Return every line from the one with "luhn_total index (v" through the one with "is_letter c = (leb", inclusive, exactly as it appears below.

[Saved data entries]
━━━━━━

-- ===== src/Api.antt =====
-- app/api and the request side of app/schemas: what an HTTP client meets.
pub mod Errors
pub mod Schemas
pub mod Orders
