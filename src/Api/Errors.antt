-- ===== src/Api/Errors.antt =====
-- app/api/errors.py and app/schemas/common.py: exceptions as problem documents. A domain error's text
-- is a parameter. `errors` of a validation failure and the path of the request are left out.
use Prim.Native.String.{◌++◌ as str_append}
use canals_assessment.Prelude.{ℕ, String, Option, none, some, leb, if◌then◌else◌}
use canals_assessment.Domain.Errors.{DomainError, Exception}

pub data ErrorCode : Type 0 where
  validation_error customer_not_found product_not_found no_warehouse_available : ErrorCode
  insufficient_stock payment_declined payment_unresolved geocoding_failed : ErrorCode
  idempotency_key_conflict idempotency_in_progress internal_error : ErrorCode

-- `code.value`
abbrev pub code_value : ErrorCode → String
code_value ErrorCode.validation_error = "validation_error"
code_value ErrorCode.customer_not_found = "customer_not_found"
code_value ErrorCode.product_not_found = "product_not_found"
code_value ErrorCode.no_warehouse_available = "no_warehouse_available"
code_value ErrorCode.insufficient_stock = "insufficient_stock"
code_value ErrorCode.payment_declined = "payment_declined"
code_value ErrorCode.payment_unresolved = "payment_unresolved"
code_value ErrorCode.geocoding_failed = "geocoding_failed"
code_value ErrorCode.idempotency_key_conflict = "idempotency_key_conflict"
code_value ErrorCode.idempotency_in_progress = "idempotency_in_progress"
code_value ErrorCode.internal_error = "internal_error"

-- `_MAPPING`
unfoldable pub mapping : DomainError → ℕ × ErrorCode × String
mapping (DomainError.unknown_product ids) = (422, ErrorCode.product_not_found, "Unknown product")
mapping (DomainError.mixed_currency_basket cs) =
    (422, ErrorCode.validation_error, "Mixed currencies")
mapping (DomainError.idempotency_key_reuse key) =
    (422, ErrorCode.idempotency_key_conflict, "Idempotency key reuse")
mapping DomainError.idempotency_key_required =
    (400, ErrorCode.validation_error, "Idempotency key required")
mapping (DomainError.no_eligible_warehouse a b) =
    (409, ErrorCode.no_warehouse_available, "No warehouse can fulfill this")
mapping (DomainError.insufficient_stock p q) =
    (409, ErrorCode.insufficient_stock, "Insufficient stock")
mapping (DomainError.idempotency_in_progress key) =
    (409, ErrorCode.idempotency_in_progress, "Request already in progress")
mapping (DomainError.payment_declined reason) =
    (402, ErrorCode.payment_declined, "Payment declined")
mapping (DomainError.payment_unresolved reason) =
    (502, ErrorCode.payment_unresolved, "Payment outcome unknown")
mapping (DomainError.geocoding_failed reason) =
    (502, ErrorCode.geocoding_failed, "Address could not be resolved")
mapping (DomainError.invalid_state_transition order expected actual) =
    (500, ErrorCode.internal_error, "Internal error")

-- `ErrorResponse`
pub record ErrorResponse : Type 0 where
  pub type_uri : String
  pub title : String
  pub status : ℕ
  pub detail : Option String
  pub code : ErrorCode

-- `_problem`
unfoldable pub problem : ℕ → ErrorCode → String → Option String → ErrorResponse
problem status_code code title detail = record {
  type_uri = str_append "about:blank#" (code_value code);
  title = title;
  status = status_code;
  detail = detail;
  code = code;
}

module _ (str : DomainError → String) where
  -- `_domain`
  unfoldable pub domain_problem : DomainError → ErrorResponse
  unfolding mapping problem
  domain_problem e =
      let (status_code, code, title) = mapping e in
      problem status_code code title (if leb 500 status_code then none else some (str e))

  -- The handlers of what the route may raise: `_domain`, and `_unhandled` for the rest.
  unfoldable pub error_response : Exception → ErrorResponse
  unfolding domain_problem problem
  error_response (Exception.domain e) = domain_problem e
  error_response _ = problem 500 ErrorCode.internal_error "Internal error" none
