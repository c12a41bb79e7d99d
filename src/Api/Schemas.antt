-- ===== src/Api/Schemas.antt =====
-- The request side of app/schemas/order.py. A card number is a text of ASCII characters, so `isdigit`
-- is the test for the ten digits; `luhn_ok` takes the numbers that `int` makes of them. The lengths
-- are counts of characters. What Pydantic makes of the JSON text is left out: the types of the fields,
-- fields that are not named, and the upper-casing of the country code.
pub mod Luhn
pub mod Duplicates
pub mod Addresses
use Prim.Native.Nat.{◌%◌}
use Prim.Native.String.{◌∷◌ as ◌∷ₛ◌, [] as empty, count}
use Prim.Native.Char.{Char, code}
use canals_assessment.Prelude.{
  ℕ, zero, suc, ◌+◌, ◌-◌, ◌*◌, String, Bool, true, false, not, ◌&&◌, ◌||◌, Option, none, some, List,
  [], ◌∷◌, ◌++◌, leb, ltb, ◌==◌, contains, if◌then◌else◌,
}
use canals_assessment.Domain.Values.{RequestedItem, PostalAddress}
use canals_assessment.Adapters.PaymentMock.{plain}

abbrev pub is_digit : Char → Bool
is_digit c = leb 48 (code c) && leb (code c) 57

-- `digits.isdigit()`, which is false of the empty text.
abbrev pub all_digits : String → Bool
all_digits empty = true
all_digits (c ∷ₛ s) = is_digit c && all_digits s

abbrev pub isdigit : String → Bool
isdigit empty = false
isdigit (c ∷ₛ s) = all_digits (c ∷ₛ s)

-- `int(char)` of each character.
abbrev pub digit_values : String → List ℕ
digit_values empty = []
digit_values (c ∷ₛ s) = (code c - 48) ∷ digit_values s

abbrev pub reversed : List ℕ → List ℕ
reversed [] = []
reversed (x ∷ xs) = reversed xs ++ x ∷ []

-- What one digit adds, by its index from the right.
abbrev pub luhn_value : ℕ → ℕ → ℕ
luhn_value index value =
    if index % 2 == 1 then (if ltb 9 (value * 2) then value * 2 - 9 else value * 2) else value

abbrev pub luhn_total : ℕ → List ℕ → ℕ
luhn_total index [] = 0
luhn_total index (v ∷ vs) = luhn_value index v + luhn_total (suc index) vs

-- `_luhn_ok`
unfoldable pub luhn_ok : List ℕ → Bool
luhn_ok digits = luhn_total 0 (reversed digits) % 10 == 0

-- `_validate_card`, whether it returns.
unfoldable pub validate_card : String → Bool
unfolding luhn_ok
validate_card raw =
    isdigit (plain raw)
    && ((leb 12 (count (plain raw)) && leb (count (plain raw)) 19)
        && luhn_ok (digit_values (plain raw)))

-- `_no_duplicate_products`, whether it returns; `seen` is the set so far.
abbrev pub unseen : List ℕ → List RequestedItem → Bool
unseen seen [] = true
unseen seen (i ∷ is) = not (contains i.product_id seen) && unseen (i.product_id ∷ seen) is

unfoldable pub no_duplicate_products : List RequestedItem → Bool
no_duplicate_products items = unseen [] items

abbrev pub is_letter : Char → Bool
is_letter c = (leb 65 (code c) && leb (code c) 90) || (leb 97 (code c) && leb (code c) 122)

abbrev pub all_letters : String → Bool
all_letters empty = true
all_letters (c ∷ₛ s) = is_letter c && all_letters s

-- `Field(min_length=low, max_length=high)`
abbrev pub has_length : ℕ → ℕ → String → Bool
has_length low high s = leb low (count s) && leb (count s) high

-- `Field(default=None, max_length=high)`
abbrev pub is_none_or_short : ℕ → Option String → Bool
is_none_or_short high none = true
is_none_or_short high (some s) = leb (count s) high

-- Whether the fields of a `ShippingAddressIn` pass; the pattern is `^[A-Za-z]{2}$`.
unfoldable pub is_valid_address : PostalAddress → Bool
is_valid_address a =
    (has_length 1 200 a.line1 && is_none_or_short 200 a.line2)
    && ((has_length 1 120 a.city && has_length 1 20 a.postal_code)
        && (has_length 2 2 a.country_code && all_letters a.country_code))

-- `CreateOrderRequest`
pub record CreateOrderRequest : Type 0 where
  pub customer_id : ℕ
  pub shipping_address : PostalAddress
  pub items : List RequestedItem
  pub card_number : String

-- `quantity: int = Field(gt=0)` on every item.
abbrev pub all_positive : List RequestedItem → Bool
all_positive [] = true
all_positive (i ∷ is) = ltb 0 i.quantity && all_positive is

-- `items: list[OrderItemIn] = Field(min_length=1)`
abbrev pub is_nonempty : List RequestedItem → Bool
is_nonempty [] = false
is_nonempty (i ∷ is) = true

-- Whether a body passes validation.
unfoldable pub is_valid : CreateOrderRequest → Bool
unfolding validate_card no_duplicate_products is_valid_address
is_valid r =
    is_valid_address r.shipping_address
    && ((is_nonempty r.items && all_positive r.items)
        && (validate_card r.card_number && no_duplicate_products r.items))
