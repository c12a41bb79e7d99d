-- ===== src/Api/Orders.antt =====
-- app/api/routes/orders.py: POST /orders for a body that has passed validation. SHA-256 of the
-- serialised body without its card number is a parameter, a function of the rest of the body.
pub mod Retry
pub mod Problems
use Prim.Native.String.{◌++◌ as str_append, ◌∷◌ as ◌∷ₛ◌, [] as empty}
use Prim.Native.Char.{Char, code}
use canals_assessment.Prelude.{
  ℕ, String, Bool, true, false, ◌&&◌, ◌||◌, Option, none, some, List, ◌==◌, leb, if◌then◌else◌,
}
use canals_assessment.Domain.Values.{PostalAddress, RequestedItem, OrderResponse, PaymentResult}
use canals_assessment.Domain.Errors.{Exception, DomainError}
use canals_assessment.Db.Rows.{Db}
use canals_assessment.Db.Tx.{Result, ok, err, Env}
use canals_assessment.Services.Selection.{Geocoder}
use canals_assessment.Services.Checkout.{Request, CheckoutResult, Charge, checkout}
use canals_assessment.Api.Errors.{ErrorResponse, error_response}
use canals_assessment.Api.Schemas.{CreateOrderRequest}

abbrev between : ℕ → ℕ → ℕ → Bool
between low high n = leb low n && leb n high

-- The characters that `str.strip()` removes, by their code points.
abbrev pub is_space : Char → Bool
is_space c =
    (between 9 13 (code c) || (between 28 32 (code c) || ((code c == 133) || (code c == 160))))
    || ((code c == 5760)
        || (between 8192 8202 (code c)
            || (between 8232 8233 (code c)
                || ((code c == 8239) || ((code c == 8287) || (code c == 12288))))))

-- `not s.strip()`
abbrev pub is_blank : String → Bool
is_blank empty = true
is_blank (c ∷ₛ s) = is_space c && is_blank s

pub data Body : Type 0 where
  order : OrderResponse → Body
  empty_object : Body
  problem : ErrorResponse → Body

pub record HttpResponse : Type 0 where
  pub status_code : ℕ
  pub content : Body
  pub location : Option String

-- What the client gets, by how `checkout` ended.
unfoldable pub reply : Env → (DomainError → String) → Result CheckoutResult → HttpResponse
reply env str (ok c) = record {
  status_code = 201;
  content = Body.order c.body;
  location = some (str_append "/orders/" (env.str_uuid c.order_id));
}
reply env str (err (Exception.replayed (some body) status)) = record {
  status_code = status;
  content = Body.order body;
  location = some (str_append "/orders/" (env.str_uuid body.id));
}
reply env str (err (Exception.replayed none status)) = record {
  status_code = status;
  content = Body.empty_object;
  location = some "/orders/";
}
reply env str (err e) = record {
  status_code = (error_response str e).status;
  content = Body.problem (error_response str e);
  location = none;
}

abbrev pub request_of : (CreateOrderRequest → String) → CreateOrderRequest → String → Request
request_of request_hash payload key = record {
  idempotency_key = key;
  request_hash = request_hash payload;
  customer_id = payload.customer_id;
  address = payload.shipping_address;
  items = payload.items;
  card = payload.card_number;
}

module _ {P : Type 0} (charge : P → Charge → PaymentResult × P) (env : Env) (geocode : Geocoder)
    (str : DomainError → String) (request_hash : CreateOrderRequest → String) where
  abbrev missing_key : HttpResponse
  missing_key = reply env str (err (Exception.domain DomainError.idempotency_key_required))

  unfoldable pub checked_order : CreateOrderRequest → String → Db → P → HttpResponse × Db × P
  checked_order payload key db provider =
      let (result, db', provider') =
        checkout charge env geocode (request_of request_hash payload key) db provider in
      (reply env str result, db', provider')

  -- `create_order`
  unfoldable pub create_order : CreateOrderRequest → Option String → Db → P → HttpResponse × Db × P
  unfolding checked_order reply
  create_order payload none db provider = (missing_key, db, provider)
  create_order payload (some key) db provider =
      let checked = checked_order payload key db provider in
      if is_blank key then (missing_key, db, provider) else checked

━━━━━━

== COMPLETED TASK ==
luhn_total index (v ∷ vs) = luhn_value index v + luhn_total (suc index) vs

-- `_luhn_ok`
unfoldable pub luhn_ok : List ℕ → Bool
luhn_ok digits = luhn_total 0 (reversed digits) % 10 == 0

-- `_validate_card`, whether it returns.
unfoldable pub validate_card : String → Bool
unfolding luhn_ok
validate_card raw =
    isdigit (plain raw)
    && ((leb 12 (count (plain raw)) && leb (count (plain raw)) 19)
        && luhn_ok (digit_values (plain raw)))

-- `_no_duplicate_products`, whether it returns; `seen` is the set so far.
abbrev pub unseen : List ℕ → List RequestedItem → Bool
unseen seen [] = true
unseen seen (i ∷ is) = not (contains i.product_id seen) && unseen (i.product_id ∷ seen) is

unfoldable pub no_duplicate_products : List RequestedItem → Bool
no_duplicate_products items = unseen [] items

abbrev pub is_letter : Char → Bool
is_letter c = (leb 65 (code c) && leb (code c) 90) || (leb 97 (code c) && leb (code c) 122)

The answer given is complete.